The majority of the experiments was conducted at 1:5 the scale of the ISO 13784-1 test compartment. The 1:5 scaled compartment measured 0.48 m x 0.72 m x 0.48 m internally in width, length and height, respectively, with a 0.40 m tall by 0.16 m wide doorway in the middle of one of the short walls. A gas burner was located at the wall in one of the corners opposite the doorway. Rather than a section of the compartment the scaling of the entire compartment was hypothesised to reflect the full sized compartment test better than the current standard test, thus making it a more robust test method. By scaling the whole geometry of the compartment on top of the energy provided by the gas burner the boundary conditions seen at full scale would be represented better. This is unlike the current open corner configuration where smoke is immediately extracted and removed from the specimen which is a part of the current way of determining the performance of the panels in Europe. The experiments followed the methodology presented in the ISO 13784-1 with a two-step fire scenario with 100 kW and 300 kW for 10 min of duration each but also other variants of fire scenarios were studied.
The two polymeric cored panels studied, PIR and PUR, were class B with respect to contribution to flashover by EN 13501-1 which is the European classification standard for reaction to fire. Despite the PUR showing a lower calorific energy content than the PIR at component level, it performed significantly worse in the scaled compartment. Exposed to the same fire scenario, the compartment of PUR panels lost 85% of its mass in 10 minutes, all while releasing 220 kW at its peak which was more than 30 times the energy output from the burner. As such, the PUR panel did not have characteristic trade of a class B product such as a limited contribution to flashover and was deemed unsafe to use at larger scales. The PIR core contributed about 15 times the energy output from the gas burner and lost about 60% of its initial mass over a period of 10 minutes. The remaining 40% of the mass consisted of both char, various degrees of decomposed foam and virgin material. The mass of the char, compared to the virgin material, was much less and much of the remaining mass is attributed to virgin material being effectively protected by the char. The stone wool panels were studied under more challenging conditions at 1:5 scale where the input of the burner was sufficient to cause external flaming emanating through the doorway. Despite the average temperature of the compartment being more than 600 °C, the measured HRR was simply following the energy output from the burner. At larger scales the smoke production increased, which suggested a decomposition of the core rather than just a decomposition of the steel-face finish. Across all the scales the thermocouples embedded in the walls showed signs of minor exothermic reactions identified as an increase in the temperature 2 cm in-depth after the passing of the thermal wave.
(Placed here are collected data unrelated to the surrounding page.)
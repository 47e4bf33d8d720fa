-- ===== src/Node/Cycle/Sound.antt =====
-- A round keeps the node sound.
use motor_control.Base.{◌≡◌, ◌⊎◌, true, ℤ, pos, arith, if_holds, le_ℤ, ap, ◌∙◌, Option, none, some}
use motor_control.Double.{Double}
use motor_control.Ethercat.Pdo.{InPdo}
use motor_control.Control.Force.{ForceFeedbackSelection}
use motor_control.Node.State.{Node}
use motor_control.Node.Topics.{is_mode}
use motor_control.Node.Invariant.{IsSound}
use motor_control.Node.Cycle.Timing.{
  schedule, measure, exchange_ok, exchange_failed, dt_of, dt_us_of,
}
use motor_control.Node.Cycle.Mode.{read_drive, on_fault_edge, switch_mode, wave_mode, force_mode}
use motor_control.Node.Cycle.Command.{
  Frame, start_frame, position_command, velocity_command, torque_command, mode_command,
}
use motor_control.Node.Cycle.Force.{
  limit_stage, force_start, force_keep, force_command, force_control_stage, force_stage,
  selected_force,
}
use motor_control.Node.Cycle.Finish.{
  control_of, control_stage, safety_stage, write_pdo, log_stage, finish,
}
use motor_control.Node.Cycle.Output.{final_frame, finish-out}
use motor_control.Node.Cycle.{CycleInput, prepare, control_round, with_data, rt_cycle}

-- The frame's node is sound and its mode is one of the three.
pub record IsSoundFrame {F : Type 0} (f : Frame F) : Type 0 where
  pub node : IsSound f.node
  pub mode : is_mode f.mode ≡ true

-- In mode 8 the mode that is sent has been chosen: it is 9.
abbrev SendsVelocity : {F : Type 0} → Frame F → Type 0
SendsVelocity f = f.mode ≡ pos 8 → f.node.out.mode_of_operation ≡ pos 9

module _ {F : Type 0} ⦃d : Double F⦄ where
  switch_mode-IsSound : (i : InPdo) (n : Node F) → IsSound n → IsSound (switch_mode i n)
  unfolding switch_mode
  switch_mode-IsSound i n h = ground (arith, h)

  on_fault_edge-IsSound : (i : InPdo) (n : Node F) → IsSound n → IsSound (on_fault_edge i n)
  unfolding on_fault_edge
  on_fault_edge-IsSound i n h = ground (arith, h)

  wave_mode-IsSound : (n : Node F) → IsSound n → IsSound (wave_mode n)
  unfolding wave_mode force_mode
  wave_mode-IsSound n h = ground (arith, h)

  prepare-IsSound : (i : InPdo) (n : Node F) → IsSound n → IsSound (prepare i n)
  unfolding prepare read_drive
  prepare-IsSound i n h =
      let r = read_drive i n in
      let s : IsSound r = ground (arith, h) in
      wave_mode-IsSound (switch_mode i (on_fault_edge i r))
        (switch_mode-IsSound i (on_fault_edge i r) (on_fault_edge-IsSound i r s))

  start_frame-IsSound : (i : InPdo) (n : Node F) → IsSound n → IsSoundFrame (start_frame i n)
  unfolding start_frame
  start_frame-IsSound i n h = record { node = h; mode = h.op_mode }

  mode_command-IsSound :
      (now dt : ℤ) (i : InPdo) (f : Frame F)
      → IsSoundFrame f
      → IsSoundFrame (mode_command now dt i f)
  unfolding mode_command position_command velocity_command torque_command
  mode_command-IsSound now dt i f h = ground (arith, h, h.node)

  limit_stage-IsSound : (now : ℤ) (n : Node F) → IsSound n → IsSound (limit_stage now n)
  unfolding limit_stage
  limit_stage-IsSound now n h = ground (arith, h)

  force_control_stage-IsSound :
      (now dt : ℤ) (s : ForceFeedbackSelection) (i : InPdo) (f : Frame F)
      → IsSoundFrame f
      → IsSoundFrame (force_control_stage now dt s i f)
  unfolding force_control_stage force_start force_keep force_command force_mode
  force_control_stage-IsSound now dt s i f h = ground (arith, h, h.node)

  finish-IsSound :
      (now dt_us : ℤ) (i : InPdo) (s : ForceFeedbackSelection) (f : Frame F)
      → IsSoundFrame f
      → IsSound (finish now dt_us i s f)
  unfolding finish control_stage control_of safety_stage write_pdo log_stage
  finish-IsSound now dt_us i s f h = ground (arith, h, h.node)

  -- The frame at the end of a round, of a node that is sound.
  final-IsSoundFrame :
      (now dt_ns : ℤ) (i : InPdo) (n : Node F)
      → IsSound n
      → IsSoundFrame (final_frame now dt_ns i n)
  unfolding force_stage
  final-IsSoundFrame now dt_ns i n h =
      let ready = prepare i n in
      let c = mode_command now dt_ns i (start_frame i ready) in
      let hc =
        mode_command-IsSound now dt_ns i (start_frame i ready)
          (start_frame-IsSound i ready (prepare-IsSound i n h)) in
      force_control_stage-IsSound now dt_ns (selected_force c.node) i
        (record c { node = limit_stage now c.node })
        (record { node = limit_stage-IsSound now c.node hc.node; mode = hc.mode })

  control_round-IsSound :
      (now dt_ns dt_us : ℤ) (i : InPdo) (n : Node F)
      → IsSound n
      → IsSound (control_round now dt_ns dt_us i n)
  unfolding control_round
  control_round-IsSound now dt_ns dt_us i n h =
      let c = mode_command now dt_ns i (start_frame i (prepare i n)) in
      finish-IsSound now dt_us i (selected_force c.node) (final_frame now dt_ns i n)
        (final-IsSoundFrame now dt_ns i n h)

  -- The part of a round before the drive's data are read.
  ok-IsSound :
      (scheduled now wkc : ℤ) (n : Node F)
      → IsSound n
      → IsSound (exchange_ok wkc (measure now (schedule scheduled n)))
  unfolding exchange_ok measure schedule
  ok-IsSound scheduled now wkc n h = ground (arith, h)

  failed-IsSound :
      (scheduled now wkc dt_us : ℤ) (n : Node F)
      → IsSound n
      → IsSound (exchange_failed wkc now dt_us (measure now (schedule scheduled n)))
  unfolding exchange_failed measure schedule
  failed-IsSound scheduled now wkc dt_us n h = ground (arith, h)

  with_data-IsSound :
      (now dt_ns dt_us : ℤ) (inputs : Option InPdo) (n : Node F)
      → IsSound n
      → IsSound (with_data now dt_ns dt_us inputs n)
  unfolding with_data
  with_data-IsSound now dt_ns dt_us none n h = h
  with_data-IsSound now dt_ns dt_us (some i) n h = control_round-IsSound now dt_ns dt_us i n h

  pub rt_cycle-IsSound : (input : CycleInput) (n : Node F) → IsSound n → IsSound (rt_cycle input n)
  unfolding rt_cycle
  rt_cycle-IsSound input n h =
      let time = input.time in
      let dt_us = dt_us_of time.now_ns n in
      let measured = measure time.now_ns (schedule time.scheduled_ns n) in
      if_holds IsSound (le_ℤ input.wkc (pos 0))
        (exchange_failed input.wkc time.now_ns dt_us measured)
        (with_data time.now_ns (dt_of time.now_ns n) dt_us input.inputs
          (exchange_ok input.wkc measured))
        (failed-IsSound time.scheduled_ns time.now_ns input.wkc dt_us n h)
        (with_data-IsSound time.now_ns (dt_of time.now_ns n) dt_us input.inputs
          (exchange_ok input.wkc measured) (ok-IsSound time.scheduled_ns time.now_ns input.wkc n h))

  mode_command-SendsVelocity :
      (now dt : ℤ) (i : InPdo) (f : Frame F) → SendsVelocity (mode_command now dt i f)
  unfolding mode_command position_command velocity_command torque_command
  mode_command-SendsVelocity now dt i f e = ground (arith, e)

  force_control_stage-SendsVelocity :
      (now dt : ℤ) (s : ForceFeedbackSelection) (i : InPdo) (f : Frame F)
      → SendsVelocity f
      → SendsVelocity (force_control_stage now dt s i f)
  unfolding force_control_stage force_start force_keep force_command force_mode
  force_control_stage-SendsVelocity now dt s i f h e = ground (arith, h, e)

  limit_stage-out : (now : ℤ) (n : Node F) → (limit_stage now n).out ≡ n.out
  unfolding limit_stage
  limit_stage-out now n = ground arith

  final-SendsVelocity :
      (now dt_ns : ℤ) (i : InPdo) (n : Node F) → SendsVelocity (final_frame now dt_ns i n)
  unfolding force_stage
  final-SendsVelocity now dt_ns i n =
      let c = mode_command now dt_ns i (start_frame i (prepare i n)) in
      let h = mode_command-SendsVelocity now dt_ns i (start_frame i (prepare i n)) in
      force_control_stage-SendsVelocity now dt_ns (selected_force c.node) i
        (record c { node = limit_stage now c.node })
        (λ e. ap (λ o. o.mode_of_operation) (limit_stage-out now c.node) ∙ h e)

  -- From a sound node, the mode of operation that a control round writes for the drive is 9 or
  -- 10: position control too is sent as a velocity.
  pub round_mode :
      (now dt_ns dt_us : ℤ) (i : InPdo) (n : Node F)
      → IsSound n
      → let mode = (control_round now dt_ns dt_us i n).out.mode_of_operation in
        (mode ≡ pos 9) ⊎ (mode ≡ pos 10)
  unfolding control_round
  round_mode now dt_ns dt_us i n h =
      let f = final_frame now dt_ns i n in
      let s = selected_force (mode_command now dt_ns i (start_frame i (prepare i n))).node in
      let (_, _, m) = finish-out now dt_us i s f in
      let g = final-IsSoundFrame now dt_ns i n h in
      ground (arith, m, g.mode, final-SendsVelocity now dt_ns i n)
A newly developed one-dimensional heat transfer model with the thermal properties of the SW core lumped together as an effective parameter was used to analyse and compare the experiments across the scales. The model together with the measured temperature of the boundaries in combination with flow measurements quantified the total energy distribution in the compartment during the experiments. The model was able to predict the thermal wave within 5% for the first 20 mm of the in-depth measured temperature and was therefore able to inversely provide the net heat flux transferred through the internal compartment boundaries. The measurements of hot gases were used to calculate and analyse the convective energy flowing out of the compartments and the fraction of the total heat transfer it accounted for. The nature of the heat transfer model allowed for the quantification of the net heat transfer for the experiments with SW panels. The goal to combine the model with the measured data to show that down-scaling the compartment geometrically was done by scaling the size of the fire based on the Froude number with respect to the geometry of the compartment. The calculated steady state heat flux between the 1:2 scale and 2:5 scale experiments were matching making meaning reducing the size by 25% was possible. Furthermore, the temperature in the compartments for the 2:5, 1:2 and a full scale experiment from literature matched for the first two burning periods. The third burning period was much warmer in the full scale than the 2:5 and 1:2 indicating a limit for the scaling with respect to the size of the fire. The successful reduction in the size of the compartment has many advantages such as work safety, product development, classification and cost.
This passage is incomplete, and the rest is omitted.